Internal metrics evaluate cluster compactness and separation without labels.

  • Total within-cluster sum of squares (tot.withinss): lower is better
  • Average silhouette width: higher is better
  • Calinski-Harabasz index: higher is better
calinski_harabasz <- function(x, clusters) {
    x <- as.matrix(x)
    clusters <- as.factor(clusters)
    n <- nrow(x)
    k <- nlevels(clusters)

    overall_center <- colMeans(x)

    # Within-cluster sum of squares
    wss <- 0
    # Between-cluster sum of squares
    bss <- 0

    for (cl in levels(clusters)) {
        idx <- which(clusters == cl)
        xk <- x[idx, , drop = FALSE]
        nk <- nrow(xk)
        ck <- colMeans(xk)

        wss <- wss + sum((xk - matrix(ck, nrow = nk, ncol = ncol(xk), byrow = TRUE))^2)
        bss <- bss + nk * sum((ck - overall_center)^2)
    }

    (bss / (k - 1)) / (wss / (n - k))
}

avg_silhouette <- function(x, clusters) {
    if (!has_cluster) return(NA_real_)
    sil <- cluster::silhouette(as.integer(as.factor(clusters)), dist(x))
    mean(sil[, "sil_width"])
}
ks <- 2:6

internal_tbl <- lapply(ks, function(k) {
    km <- kmeans(X_scaled, centers = k, nstart = 25)
    data.frame(
        k = k,
        total_withinss = km$tot.withinss,
        avg_silhouette = avg_silhouette(X_scaled, km$cluster),
        calinski_harabasz = calinski_harabasz(X_scaled, km$cluster)
    )
})

internal_tbl <- do.call(rbind, internal_tbl)
internal_tbl

21.4 External Evaluation (Using Defect Labels Only for Assessment)

External metrics compare clusters with known classes. This does not make the training supervised; it only checks whether clusters align with practical categories of interest.

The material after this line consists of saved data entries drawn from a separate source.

-- ===== src/Firewall/Guard.antt =====
-- What the guard of the firewall promises (lockout.go).
use nexa_panel.Prelude.{
  ℕ, ◌≡◌, refl, sym, subst, ◌∙◌, Bool, true, false, not, ◌||◌, ◌&&◌, some, List, [], ◌∷◌, ◌++◌,
  Text, arith, Bool-cases, inl, inr, All, any, select, map, if◌then◌else◌, text_eq, text_eq_sound,
}
use nexa_panel.Firewall.Lockout.{
  Rule, Status, Change, AccessPort, Reason, Net, action_allow, action_deny, action_delete,
  access_ports, rule_admits, same_rule_body, allows_port, any_other_rule_admits, dedupe,
  carries_session, from_covers, delete_reasons, deny_reasons, assess_lockout, revert_for,
  carries_your_session, only_rule_admitting, denies_you,
}

dedupe-empty : (values : List Reason) → dedupe [] values ≡ [] → values ≡ []
unfolding dedupe
dedupe-empty [] e = refl
dedupe-empty (value ∷ values) e = absurd (ground arith)

-- A list of reasons by port is empty only if no port gives one.
no_port :
    (f : AccessPort → Reason) (q : AccessPort → Bool) (ports : List AccessPort)
    → map f (select q ports) ≡ []
    → All (λ (p : AccessPort). q p ≡ false) ports
no_port f q [] e = tt
no_port f q (p ∷ ports) e = elim (Bool-cases (q p)) [
  | inl given ↦ absurd (ground arith)
  | inr missing ↦ (missing, no_port f q ports (sym (rw missing refl) ∙ e))
]

append_empty : (xs ys : List Reason) → xs ++ ys ≡ [] → (xs ≡ []) × (ys ≡ [])
append_empty [] ys e = (refl, e)
append_empty (x ∷ xs) ys e = absurd (ground arith)

same_rule_body-admits :
    (a b : Rule) (port : ℕ) → same_rule_body a b ≡ true → rule_admits a port ≡ rule_admits b port
unfolding same_rule_body rule_admits
same_rule_body-admits a b port e =
    let ports : a.port ≡ b.port = text_eq_sound a.port b.port (ground arith) in
    let protocols : a.protocol ≡ b.protocol = text_eq_sound a.protocol b.protocol (ground arith) in
    rw (ports, protocols) refl

-- The rules that are left when every rule of the deleted body is gone.
abbrev pub left_after : Rule → List Rule → List Rule
left_after rule rules = select (λ e. not (same_rule_body e rule)) rules

-- A port that the deleted rule does not admit loses no rule.
other_left :
    (rule : Rule) (port : ℕ) (rules : List Rule)
    → rule_admits rule port ≡ false
    → any (allows_port port) rules ≡ true
    → any (allows_port port) (left_after rule rules) ≡ true
other_left rule port [] closed h = h
other_left rule port (e ∷ rules) closed h = elim (Bool-cases (same_rule_body e rule)) [
  | inl same ↦
      let none_here : rule_admits e port ≡ false =
        same_rule_body-admits e rule port same ∙ closed in
      rw same (other_left rule port rules closed (ground arith))
  | inr other ↦ rw other (ground (arith, other_left rule port rules closed))
]

found_left :
    (rule : Rule) (port : ℕ) (rules : List Rule)
    → any
        (λ e. text_eq e.action action_allow && (not (same_rule_body e rule) && rule_admits e port))
        rules
      ≡ true
    → any (allows_port port) (left_after rule rules) ≡ true
found_left rule port [] h = h
found_left rule port (e ∷ rules) h = elim (Bool-cases (same_rule_body e rule)) [
  | inl same ↦ rw same (found_left rule port rules (ground arith))
  | inr other ↦ rw other (ground (arith, found_left rule port rules))
]

module _ (net : Net) (status : Status) (rule : Rule) (peer : Text) where
  kept_by_port :
      (ports : List AccessPort)
      → All
          (λ (p : AccessPort).
            (rule_admits rule p.number && not (any_other_rule_admits status rule p.number)) ≡ false)
          ports
      → All
          (λ (p : AccessPort).
            any (allows_port p.number) status.rules ≡ true
            → any (allows_port p.number) (left_after rule status.rules) ≡ true)
          ports
  unfolding any_other_rule_admits
  kept_by_port [] a = tt
  kept_by_port (p ∷ ports) (h, a) = (
    λ before. elim (Bool-cases (rule_admits rule p.number)) [
      | inr closed ↦ other_left rule p.number status.rules closed before
      | inl given ↦ found_left rule p.number status.rules (ground arith)
    ],
    kept_by_port ports a,
  )

  assess_lockout-delete :
      status.active ≡ true
      → text_eq rule.action action_allow ≡ true
      → assess_lockout net status (record { action = action_delete; rule = rule }) peer
        ≡ dedupe [] (delete_reasons net status rule peer)
  unfolding assess_lockout text_eq
  assess_lockout-delete active allow = rw active (rw allow refl)

  no_session :
      (if carries_session net rule peer then carries_your_session ∷ [] else []) ≡ []
      → carries_session net rule peer ≡ false
  no_session e = ground arith

  -- Where the firewall is active and the guard finds no reason against the deletion of an allow rule,
  -- the rule does not carry the session that asks for it, and each of the ports of SSH and the panel
  -- that some rule admits is still admitted by a rule once all rules of the deleted body are gone.
  pub deleted_keeps_access :
      status.active ≡ true
      → text_eq rule.action action_allow ≡ true
      → assess_lockout net status (record { action = action_delete; rule = rule }) peer ≡ []
      → (carries_session net rule peer ≡ false)
        × All
            (λ (p : AccessPort).
              any (allows_port p.number) status.rules ≡ true
              → any (allows_port p.number) (left_after rule status.rules) ≡ true)
            access_ports
  unfolding delete_reasons
  deleted_keeps_access active allow clear =
      let nothing : delete_reasons net status rule peer ≡ [] =
        dedupe-empty _ (sym (assess_lockout-delete active allow) ∙ clear) in
      let (session, ports) = append_empty _ _ nothing in
      (
        no_session session,
        kept_by_port access_ports (
            no_port (λ (p : AccessPort). only_rule_admitting p.number)
              (λ (p : AccessPort).
                rule_admits rule p.number && not (any_other_rule_admits status rule p.number))
              access_ports ports),
      )

module _ (net : Net) (status : Status) (rule : Rule) (peer : Text) where
  assess_lockout-deny :
      status.active ≡ true
      → assess_lockout net status (record { action = action_deny; rule = rule }) peer
        ≡ dedupe [] (deny_reasons net rule peer)
  unfolding assess_lockout text_eq
  assess_lockout-deny active = rw active refl

  spared :
      (ports : List AccessPort)
      → All
          (λ (p : AccessPort).
            (rule_admits rule p.number && from_covers net rule.from peer) ≡ false)
          ports
      → All
          (λ (p : AccessPort).
            rule_admits rule p.number ≡ true → from_covers net rule.from peer ≡ false)
          ports
  spared [] a = tt
  spared (p ∷ ports) (h, a) = (λ given. sym (rw given refl) ∙ h, spared ports a)

  -- Where the firewall is active and the guard finds no reason against a deny rule, the rule covers
  -- none of the ports of SSH and the panel for the address that asks for it.
  pub denied_spares_peer :
      status.active ≡ true
      → assess_lockout net status (record { action = action_deny; rule = rule }) peer ≡ []
      → All
          (λ (p : AccessPort).
            rule_admits rule p.number ≡ true → from_covers net rule.from peer ≡ false)
          access_ports
  unfolding deny_reasons
  denied_spares_peer active clear = spared access_ports (
      no_port (λ (p : AccessPort). denies_you p.number)
        (λ (p : AccessPort). rule_admits rule p.number && from_covers net rule.from peer)
        access_ports (dedupe-empty _ (sym (assess_lockout-deny active) ∙ clear)))

not_delete :
    (t : Text)
    → (text_eq t action_deny || text_eq t action_allow) ≡ true
    → text_eq t action_delete ≡ false
unfolding text_eq
not_delete t h = elim (Bool-cases (text_eq t action_deny)) [
  | inl e ↦ subst (λ u. text_eq u action_delete ≡ false) (sym (text_eq_sound t action_deny e)) refl
  | inr e ↦
      subst (λ u. text_eq u action_delete ≡ false)
        (sym (text_eq_sound t action_allow (ground arith))) refl
]

-- What a change does to the rules: a rule is added or taken away, with its verb and the rest of its body.
pub record Effect : Type 0 where
  pub added : Bool
  pub verb : Text
  pub body : Rule

abbrev pub effect_of : Change → Effect
effect_of change = record {
  added = not (text_eq change.action action_delete);
  verb = if text_eq change.action action_delete then change.rule.action else change.action;
  body = record (change.rule) { action = [] };
}

-- One adds what the other takes away.
pub record Undoes (c change : Change) : Type 0 where
  pub other_way : (effect_of c).added ≡ not (effect_of change).added
  pub same_verb : (effect_of c).verb ≡ (effect_of change).verb
  pub same_body : (effect_of c).body ≡ (effect_of change).body

abbrev pub is_verb : Text → Bool
is_verb t = text_eq t action_deny || text_eq t action_allow

-- A change that adds or takes away a rule with the verb allow or deny has a revert, which takes away or
-- adds a rule with the same verb and the same body, whatever verb an addition carries in its rule; and the
-- revert of the revert does what the change does.
pub revert_for-Undoes :
    (change : Change)
    → is_verb (effect_of change).verb ≡ true
    → (c : Change) × (revert_for change ≡ some c)
      × Undoes c change
      × (again : Change) × (revert_for c ≡ some again)
      × (effect_of again ≡ effect_of change)
unfolding revert_for text_eq
revert_for-Undoes change verb = elim (Bool-cases (text_eq change.action action_delete)) [
  | inl e ↦
      let v : is_verb change.rule.action ≡ true = rw e at verb in
      let n = not_delete change.rule.action v in
      let c : Change = record { action = change.rule.action; rule = change.rule } in
      (
        c,
        rw e refl,
        record { other_way = rw (e, n) refl; same_verb = rw (e, n) refl; same_body = refl },
        record { action = action_delete; rule = change.rule },
        rw (n, v) refl,
        rw e refl,
      )
  | inr e ↦
      let v : is_verb change.action ≡ true = rw e at verb in
      let rule : Rule = record (change.rule) { action = change.action } in
      (
        record { action = action_delete; rule = rule },
        rw (e, v) refl,
        record { other_way = rw e refl; same_verb = rw e refl; same_body = refl },
        record { action = change.action; rule = rule },
        refl,
        rw e refl,
      )
]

  • Purity: proportion of modules assigned to the majority class in each cluster
  • Adjusted Rand Index (ARI): agreement corrected for chance
purity_score <- function(truth, pred) {
    tab <- table(truth, pred)
    sum(apply(tab, 2, max)) / sum(tab)
}

adjusted_rand_index <- function(truth, pred) {
    tab <- table(truth, pred)
    n <- sum(tab)

    a <- rowSums(tab)
    b <- colSums(tab)

    sum_choose <- sum(choose(tab, 2))
    expected <- (sum(choose(a, 2)) * sum(choose(b, 2))) / choose(n, 2)
    max_index <- 0.5 * (sum(choose(a, 2)) + sum(choose(b, 2)))

    denom <- max_index - expected
    if (denom == 0) return(0)

    (sum_choose - expected) / denom
}
# Choose k by best silhouette when available, otherwise k=2 as baseline.
if (all(is.na(internal_tbl$avg_silhouette))) {
    k_best <- 2
} else {
    k_best <- internal_tbl$k[which.max(internal_tbl$avg_silhouette)]
}

km_best <- kmeans(X_scaled, centers = k_best, nstart = 25)

external_tbl <- data.frame(
    k = k_best,
    purity = purity_score(truth, km_best$cluster),
    adjusted_rand_index = adjusted_rand_index(truth, km_best$cluster)
)

external_tbl

21.5 SE Interpretation of the Result

In this context, useful unsupervised evaluation means:

  • Clusters are internally coherent (higher silhouette / CH, lower WSS)
  • Clusters have interpretable engineering meaning
    • for example, one cluster might contain high complexity and size metrics, indicating modules requiring stronger testing effort
  • If external validation is available, non-trivial purity/ARI suggests that structural metric groups are related to defect proneness

This evaluation approach supports practical decisions such as risk-based test prioritization, review allocation, and focused refactoring.

21.6 Important topics often missing

  • cluster stability under resampling (same data, different seeds)
  • sensitivity to feature scaling choices
  • sensitivity to parameter choices (\(k\), eps, MinPts)
  • actionable interpretation quality (can teams act on cluster descriptions?)